Like with the quarterbacks, championships talk. They’re louder than records, though records do matter. Standout moments matter too. Ezekiel Elliott breaking Bama’s hearts. Maurice Clarett taking the football away from Sean Taylor. Beanie Wells breaking free against That Team Up North.
TreVeyon Henderson taking a screen to the house against Texas. Championships, records, and moments that live forever make up the top ten Buckeye running backs of the last 25 years.
1. Ezekiel Elliott
If Heisman Trophy voting happened after the postseason, Zeke is your 2014 Heisman winner as well as 2014 National Champion. In the final four games of 2014 against that team up north, Wisconsin, Alabama, and Oregon, Elliott had 871 yards and ten touchdowns.

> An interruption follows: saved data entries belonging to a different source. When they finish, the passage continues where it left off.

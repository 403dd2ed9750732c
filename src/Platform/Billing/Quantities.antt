-- ===== src/Platform/Billing/Quantities.antt =====
-- The quantity of a metric on an invoice and on the invoices of a subscription.
use eminidatabase.Base.{
  ℕ, ◌+◌, ◌≡◌, refl, sym, subst, Bool, true, false, Option, none, some, List, [], ◌∷◌, ◌++◌, ◌==◌,
  ltb, if◌then◌else◌, arith, Bool-cases, inl, inr,
}
use eminidatabase.Base.Table.{Table, lookup, modify, add, lookup-add_ne, lookup-add_self}
use eminidatabase.Base.Keys.{KeysBelow, lookup-none}
use eminidatabase.Platform.Payments.{InvoiceStatus}
use eminidatabase.Platform.Billing.{
  UsageMetric, cpu_hours, storage_gb_hours, connections, egress_gb, UsageRecord, Pricing,
  Subscription, Invoice, Charge, base, usage, InvoiceLineItem, Draft, same_metric, usage_between,
  metrics, charge_metric, charge_metrics, base_draft, drafted, items_of,
}

abbrev pub is_charge_of : UsageMetric → Charge → Bool
is_charge_of m base = false
is_charge_of m (usage n) = same_metric n m

abbrev pub quantity_of : UsageMetric → InvoiceLineItem → ℕ
quantity_of m item = if is_charge_of m item.metric then item.quantity else 0

abbrev pub quantities : UsageMetric → List InvoiceLineItem → ℕ
quantities m [] = 0
quantities m (item ∷ items) = quantity_of m item + quantities m items

quantities-append :
    (m : UsageMetric) (xs ys : List InvoiceLineItem)
    → quantities m (xs ++ ys) ≡ quantities m xs + quantities m ys
quantities-append m [] ys = omega arith
quantities-append m (x ∷ xs) ys = omega (arith, quantities-append m xs ys)

same_metric_self : (m : UsageMetric) → same_metric m m ≡ true
same_metric_self cpu_hours = refl
same_metric_self storage_gb_hours = refl
same_metric_self connections = refl
same_metric_self egress_gb = refl

module _ (pricing : Pricing) (ids : List ℕ) (x : Subscription) (rs : List UsageRecord)
    (m : UsageMetric) where
  abbrev in_period : UsageMetric → ℕ
  in_period n = usage_between ids n x.current_period_start x.current_period_end rs

  charge_metric-own :
      (rate : ℕ) (d : Draft)
      → pricing.rates m ≡ some rate
      → quantities m (charge_metric pricing ids x rs m d).line_items
        ≡ quantities m d.line_items + in_period m
  charge_metric-own rate d priced = elim (Bool-cases (in_period m == 0)) [
    | inl unused ↦ rw (charge_metric, priced, unused) (ground arith)
    | inr used ↦
        rw (charge_metric, priced, used, quantities-append m d.line_items _, same_metric_self m)
          (omega arith)
  ]

  charge_metric-other :
      (n : UsageMetric) (d : Draft)
      → same_metric n m ≡ false
      → quantities m (charge_metric pricing ids x rs n d).line_items ≡ quantities m d.line_items
  charge_metric-other n d other = by_rate (pricing.rates n) refl
    where
      by_rate :
          (o : Option ℕ)
          → pricing.rates n ≡ o
          → quantities m (charge_metric pricing ids x rs n d).line_items ≡ quantities m d.line_items
      by_rate none e = rw (charge_metric, e) refl
      by_rate (some rate) e = elim (Bool-cases (in_period n == 0)) [
        | inl unused ↦ rw (charge_metric, e, unused) refl
        | inr used ↦
            rw (charge_metric, e, used, quantities-append m d.line_items _, other) (omega arith)
      ]

base_draft-quantities :
    (pricing : Pricing) (m : UsageMetric) → quantities m (base_draft pricing).line_items ≡ 0
base_draft-quantities pricing m = elim (Bool-cases (ltb 0 pricing.base_fee)) [
  | inl fee ↦ rw (base_draft, fee) refl
  | inr free ↦ rw (base_draft, free) refl
]

same_metric→eq : (n m : UsageMetric) → same_metric n m ≡ true → n ≡ m
same_metric→eq cpu_hours cpu_hours e = refl
same_metric→eq storage_gb_hours storage_gb_hours e = refl
same_metric→eq connections connections e = refl
same_metric→eq egress_gb egress_gb e = refl
same_metric→eq cpu_hours storage_gb_hours e = cc
same_metric→eq cpu_hours connections e = cc
same_metric→eq cpu_hours egress_gb e = cc
same_metric→eq storage_gb_hours cpu_hours e = cc
same_metric→eq storage_gb_hours connections e = cc
same_metric→eq storage_gb_hours egress_gb e = cc
same_metric→eq connections cpu_hours e = cc
same_metric→eq connections storage_gb_hours e = cc
same_metric→eq connections egress_gb e = cc
same_metric→eq egress_gb cpu_hours e = cc
same_metric→eq egress_gb storage_gb_hours e = cc
same_metric→eq egress_gb connections e = cc

-- A quantity once for each time the metric stands in the list.
abbrev times_in : UsageMetric → List UsageMetric → ℕ → ℕ
times_in m [] q = 0
times_in m (n ∷ ns) q = if same_metric n m then q + times_in m ns q else times_in m ns q

times_in-metrics : (m : UsageMetric) (q : ℕ) → times_in m metrics q ≡ q
times_in-metrics cpu_hours q = omega arith
times_in-metrics storage_gb_hours q = omega arith
times_in-metrics connections q = omega arith
times_in-metrics egress_gb q = omega arith

charge_metrics-times_in :
    (pricing : Pricing) (ids : List ℕ) (x : Subscription) (rs : List UsageRecord) (m : UsageMetric)
    (rate : ℕ) (ns : List UsageMetric) (d : Draft)
    → pricing.rates m ≡ some rate
    → quantities m (charge_metrics pricing ids x rs ns d).line_items
      ≡ quantities m d.line_items + times_in m ns (in_period pricing ids x rs m m)
charge_metrics-times_in pricing ids x rs m rate [] d priced = omega arith
charge_metrics-times_in pricing ids x rs m rate (n ∷ ns) d priced =
    let later =
      charge_metrics-times_in pricing ids x rs m rate ns (charge_metric pricing ids x rs n d)
        priced in
    elim (Bool-cases (same_metric n m)) [
      | inr other ↦
          rw other (omega (arith, later, charge_metric-other pricing ids x rs m n d other))
      | inl same ↦ rw same (
          omega (
            arith,
            later,
            subst
                (λ i.
                  quantities m (charge_metric pricing ids x rs i d).line_items
                  ≡ quantities m d.line_items + in_period pricing ids x rs m m)
                (sym (same_metric→eq n m same))
                (charge_metric-own pricing ids x rs m rate d priced),
          ))
    ]

usage_between-none :
    (m : UsageMetric) (a b : ℕ) (rs : List UsageRecord) → usage_between [] m a b rs ≡ 0
usage_between-none m a b [] = refl
usage_between-none m a b (r ∷ rs) = usage_between-none m a b rs

-- An invoice charges a metric that has a rate for all its usage in the period.
pub drafted-quantities :
    (pricing : Pricing) (ids : List ℕ) (x : Subscription) (rs : List UsageRecord) (m : UsageMetric)
    (rate : ℕ)
    → pricing.rates m ≡ some rate
    → quantities m (drafted pricing ids x rs).line_items
      ≡ usage_between ids m x.current_period_start x.current_period_end rs
drafted-quantities pricing [] x rs m rate priced = omega (
  arith,
  base_draft-quantities pricing m,
  usage_between-none m x.current_period_start x.current_period_end rs,
)
drafted-quantities pricing (i ∷ ids) x rs m rate priced = omega (
  arith,
  charge_metrics-times_in pricing (i ∷ ids) x rs m rate metrics (base_draft pricing) priced,
  base_draft-quantities pricing m,
  times_in-metrics m (in_period pricing (i ∷ ids) x rs m m),
)

-- The quantity of the metric on all invoices of the subscription.
abbrev pub is_of : ℕ → Option Invoice → Bool
is_of k none = false
is_of k (some v) = v.subscription_id == k

abbrev pub billed_quantity : ℕ → UsageMetric → Table Invoice → Table InvoiceLineItem → ℕ
billed_quantity k m invoices [] = 0
billed_quantity k m invoices ((i, item) ∷ items) =
    (if is_of k (lookup i invoices) then quantity_of m item else 0)
    + billed_quantity k m invoices items

billed_quantity-append :
    (k : ℕ) (m : UsageMetric) (invoices : Table Invoice) (xs ys : Table InvoiceLineItem)
    → billed_quantity k m invoices (xs ++ ys)
      ≡ billed_quantity k m invoices xs + billed_quantity k m invoices ys
billed_quantity-append k m invoices [] ys = omega arith
billed_quantity-append k m invoices (x ∷ xs) ys =
    omega (arith, billed_quantity-append k m invoices xs ys)

-- A new invoice leaves the items of the others as they were, and has its own.
billed_quantity-add :
    (k n : ℕ) (m : UsageMetric) (v : Invoice) (invoices : Table Invoice)
    (items : Table InvoiceLineItem)
    → KeysBelow n items
    → billed_quantity k m (add n v invoices) items ≡ billed_quantity k m invoices items
billed_quantity-add k n m v invoices [] below = refl
billed_quantity-add k n m v invoices ((i, item) ∷ items) (lt, below) =
    rw (lookup-add_ne n i v invoices (λ e. omega (arith, lt, e)))
      (omega (arith, billed_quantity-add k n m v invoices items below))

billed_quantity-own :
    (k n : ℕ) (m : UsageMetric) (v : Invoice) (invoices : Table Invoice)
    (items : List InvoiceLineItem)
    → lookup n invoices ≡ some v
    → billed_quantity k m invoices (items_of n items)
      ≡ (if v.subscription_id == k then quantities m items else 0)
billed_quantity-own k n m v invoices [] there = ground arith
billed_quantity-own k n m v invoices (item ∷ items) there =
    rw there (ground (arith, billed_quantity-own k n m v invoices items there))

pub billed_quantity-invoiced :
    (k n : ℕ) (m : UsageMetric) (v : Invoice) (invoices : Table Invoice)
    (items : Table InvoiceLineItem) (new : List InvoiceLineItem)
    → KeysBelow n invoices
    → KeysBelow n items
    → billed_quantity k m (add n v invoices) (items ++ items_of n new)
      ≡ billed_quantity k m invoices items
        + (if v.subscription_id == k then quantities m new else 0)
billed_quantity-invoiced k n m v invoices items new below items_below = omega (
  arith,
  billed_quantity-append k m (add n v invoices) items (items_of n new),
  billed_quantity-add k n m v invoices items items_below,
  billed_quantity-own k n m v (add n v invoices) new
      (lookup-add_self n v invoices (lookup-none n invoices below)),
)

is_of-status :
    (k j i : ℕ) (status : InvoiceStatus) (invoices : Table Invoice)
    → is_of k (lookup i (modify j (λ v. record v { status = status }) invoices))
      ≡ is_of k (lookup i invoices)
is_of-status k j i status [] = refl
is_of-status k j i status ((n, v) ∷ invoices) = ground (arith, is_of-status k j i status invoices)

-- What is paid or voided stays billed.
pub billed_quantity-status :
    (k j : ℕ) (m : UsageMetric) (status : InvoiceStatus) (invoices : Table Invoice)
    (items : Table InvoiceLineItem)
    → billed_quantity k m (modify j (λ v. record v { status = status }) invoices) items
      ≡ billed_quantity k m invoices items
billed_quantity-status k j m status invoices [] = refl
billed_quantity-status k j m status invoices ((i, item) ∷ items) =
    rw (is_of-status k j i status invoices, billed_quantity-status k j m status invoices items) refl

Even without the Heisman, Elliott is the most talented, most accomplished, and most winning running back Ohio State has had since Archie Griffin, hands down. If the offensive coordinators in 2015 don’t keep the ball away from him in the second half against MSU, he would have back-to-back national titles and the Heisman from that year, too. Elliott would finish his career where he started, only two seasons with 592 carries for 3,961 yards and 58 touchdowns.
2. Maurice Clarett
Clarett would only play one season at Ohio State, after which his fall would happen as quickly as his rise (and luckily, we’ve seen his redemption story, too). But his impact in that one season was meteoric, and he only played in 11 of Ohio State’s 14 games and left a couple more with an injured shoulder that plagued him in 2002.
Mighty Mo would have 222 carries for 1,237 yards and 16 touchdowns on the ground with 12 catches for 104 yards and two touchdowns receiving. Clarett would have two touchdowns and the most important forced fumble and recovery in Buckeye history against Miami in the Fiesta Bowl, as the Bucks would go 14-0 and win the National Championship.
Clarett’s journey was rocky, but his redemption has been more than admirable and allows him and Buckeye Nation to look at his year at Ohio State as the special one it was.
3. TreVeyon Henderson
Ohio State isn’t the 2024 National Champions without this man. He took care of the rock for four years like no one else. He had 667 rushes and catches, and he never fumbled the football once. He had 4,614 yards and 48 touchdowns at Ohio State and was the best rushing and receiving dual threat since Curtis Samuel.
He averaged a touchdown and nearly 100 total yards a game for 47 games across four seasons, and he capped it all off with the greatest postseason run in college football history. In the playoffs, he had 409 total yards on 44 touches and scored five touchdowns to win the national title for the Buckeyes.